Gerd Duscher and Suhas Somnath

08/25/2020

This document is a simple example of how to create and manipulate Dataset objects

UNDER CONSTRUCTION

[1]:
%matplotlib widget
import matplotlib.pyplot as plt
import numpy as np

import sys
sys.path.insert(0, '../../')

import sidpy
print('sidpy version: ', sidpy.__version__)
sidpy version:  0.12.3

Creating a sidpy.Dataset object

We can create a simple sidpy Dataset from any array like object Here we just use a numpy array filled with zeros

[2]:
dataset = sidpy.Dataset.from_array(np.random.random([4, 5, 10]), name='random')

print(dataset)
dataset
sidpy.Dataset of type UNKNOWN with:
 dask.array<array, shape=(4, 5, 10), dtype=float64, chunksize=(4, 5, 10), chunktype=numpy.ndarray>
 data contains: generic (generic)
 and Dimensions:
a:  generic (generic) of size (4,)
b:  generic (generic) of size (5,)
c:  generic (generic) of size (10,)
[2]:
Array Chunk
Bytes 1.56 kiB 1.56 kiB
Shape (4, 5, 10) (4, 5, 10)
Dask graph 1 chunks in 1 graph layer
Data type float64 numpy.ndarray
10 5 4
[3]:
dataset.provenance
[3]:
{'sidpy': {'from_array_': '_0.12.3_2024-07-12-16:56:52.772361'}}
[4]:
new_dataset = dataset.like_data(np.random.random([4, 5, 10]), name='random2')
print(new_dataset)
new_dataset.provenance
sidpy.Dataset of type UNKNOWN with:
 dask.array<array, shape=(4, 5, 10), dtype=float64, chunksize=(4, 5, 10), chunktype=numpy.ndarray>
 data contains: generic (generic)
 and Dimensions:
a:  generic (generic) of size (4,)
b:  generic (generic) of size (5,)
c:  generic (generic) of size (10,)
[4]:
{'sidpy': {'like_data': '_0.12.3_2024-07-12-16:57:11.387639',
  'parent_data': {'title': 'generic',
   'provenance': {'sidpy': {'from_array_': '_0.12.3_2024-07-12-16:56:52.772361'}}}}}
[6]:
new_dataset2 = dataset.like_data(np.random.random([4, 5, 10]), name='random2')
print(new_dataset2)
new_dataset2.provenance
sidpy.Dataset of type UNKNOWN with:
 dask.array<array, shape=(4, 5, 10), dtype=float64, chunksize=(4, 5, 10), chunktype=numpy.ndarray>
 data contains: generic (generic)
 and Dimensions:
a:  generic (generic) of size (4,)
b:  generic (generic) of size (5,)
c:  generic (generic) of size (10,)
[6]:
{'sidpy': {'like_data': '_0.12.3_2024-07-12-16:59:30.149263',
  'parent_data': {'title': 'generic',
   'provenance': {'sidpy': {'from_array_': '_0.12.3_2024-07-12-16:56:52.772361'}}}}}
[5]:
new_dataset.add_provenance('Nothin', 'done', 0.0)
new_dataset.provenance
[5]:
{'sidpy': {'like_data': '_0.12.3_2024-07-12-16:57:11.387639',
  'parent_data': {'title': 'generic',
   'provenance': {'sidpy': {'from_array_': '_0.12.3_2024-07-12-16:56:52.772361'}}}},
 'Nothin': {'done': '_0.0_2024-07-12-16:57:33.804301'}}

Note that data_set is a dask array…. We will be improving upon the information that will be displayed when printing sidpy.Dataset objects

Accessing data within a Dataset: Indexing of the dataset works like in numpy Note, that we first index and then we make a numpy array for printing reasons

[3]:
print(np.array(data_set[:,0,2]))
[0.41955319 0.59615527 0.8109613  0.34605858]

Slicing and dicing:

[14]:
data_dictionary = {"main_dataset": data_set,
                   'new_dataset': data_set,
                   'metadata': {'atoms': blobs},
                   'structure': {'SrTiO3': ase.build.SrTiO3()}}

data_dictionary['new_dataset'].metadata = {"origin_dataset": 'main_dataset'}

Metadata

sidpy automatically assigns generic top-level metadata regarding the Dataset.
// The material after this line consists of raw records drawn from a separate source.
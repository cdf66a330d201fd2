-- ===== src/Services/Generation/Samples.antt =====
-- A model service that is healthy and answers with an image, to try the client on. The world counts
-- the objects that were stored.
use text2image.Base.{ℕ, suc, pos, true, none, some, [], ◌∷◌, bytes, ok}
use text2image.Models.ImageGeneration.{JsonObject}
use text2image.Errors.Http.{HttpResult}
use text2image.Services.Yields.{Never}
use text2image.Services.Generation.{ModelPorts, HealthJson}
use text2image.Services.Generation.Laws.{any_key, Fails}

abbrev pub answer_ok : HttpResult
answer_ok = record { status_code = pos 200; body = 1 ∷ []; failure = none }

abbrev pub healthy_json : HealthJson
healthy_json = record {
  status = ok (bytes "healthy");
  model_loaded = ok true;
  active_kind = ok [];
  active_generations = ok (pos 0);
  max_concurrent_generations = ok (pos 1);
}

abbrev pub remote_object : JsonObject
remote_object = record {
  string_at = λ k. some (bytes "/temp/1.png");
  integer_at = λ k. none;
  number_at = λ k. none;
}

abbrev pub sample_model : ModelPorts ℕ
sample_model = record {
  http_get = λ url seconds w. (ok answer_ok, w);
  post_json = λ url seconds body headers w. (ok answer_ok, w);
  observe_model_service_call = λ path status w. (ok tt, w);
  store_image = λ user request_id image w. (ok request_id, suc w);
  remove_image = λ key w. (ok true, w);
  clock_now = λ w. (ok 5, w);
  service_url = ok (bytes "http://model");
  timeout_seconds = ok (pos 60);
  health_timeout_seconds = ok (pos 5);
  model_calendar = record { put_time = λ s. []; get_time = λ s. none };
  dump_payload = λ g. ok [];
  parse_remote = λ t. some (record { members = remote_object; data_members = none });
  parse_health = λ t. some healthy_json;
}

pub sample_model-Fails : Fails sample_model any_key Never
sample_model-Fails = record {
  get_fails = λ url seconds. record { yields = λ w. tt };
  observe_fails = λ path status. record { yields = λ w. tt };
  clock_fails = record { yields = λ w. tt };
  store_fails = λ user request_id image. record { yields = λ w. tt };
}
Users are encouraged to capture the context regarding the dataset. The attributes included in the sidpy dataset are Required Attributes:

  • quantity: string: Physical quantity that is contained in this dataset

  • units: string: Units for this physical quantity

  • data_type: string : What kind of data this is. Example - image, image stack, video, hyperspectral image, etc.

  • modality: string : Experimental / simulation modality - scientific meaning of data. Example - photograph, TEM micrograph, SPM Force-Distance spectroscopy.

  • source: string : Source for dataset like the kind of instrument. One could go very deep here into either the algorithmic details if this is a result from analysis or the exact configurations for the instrument that generated this dataset.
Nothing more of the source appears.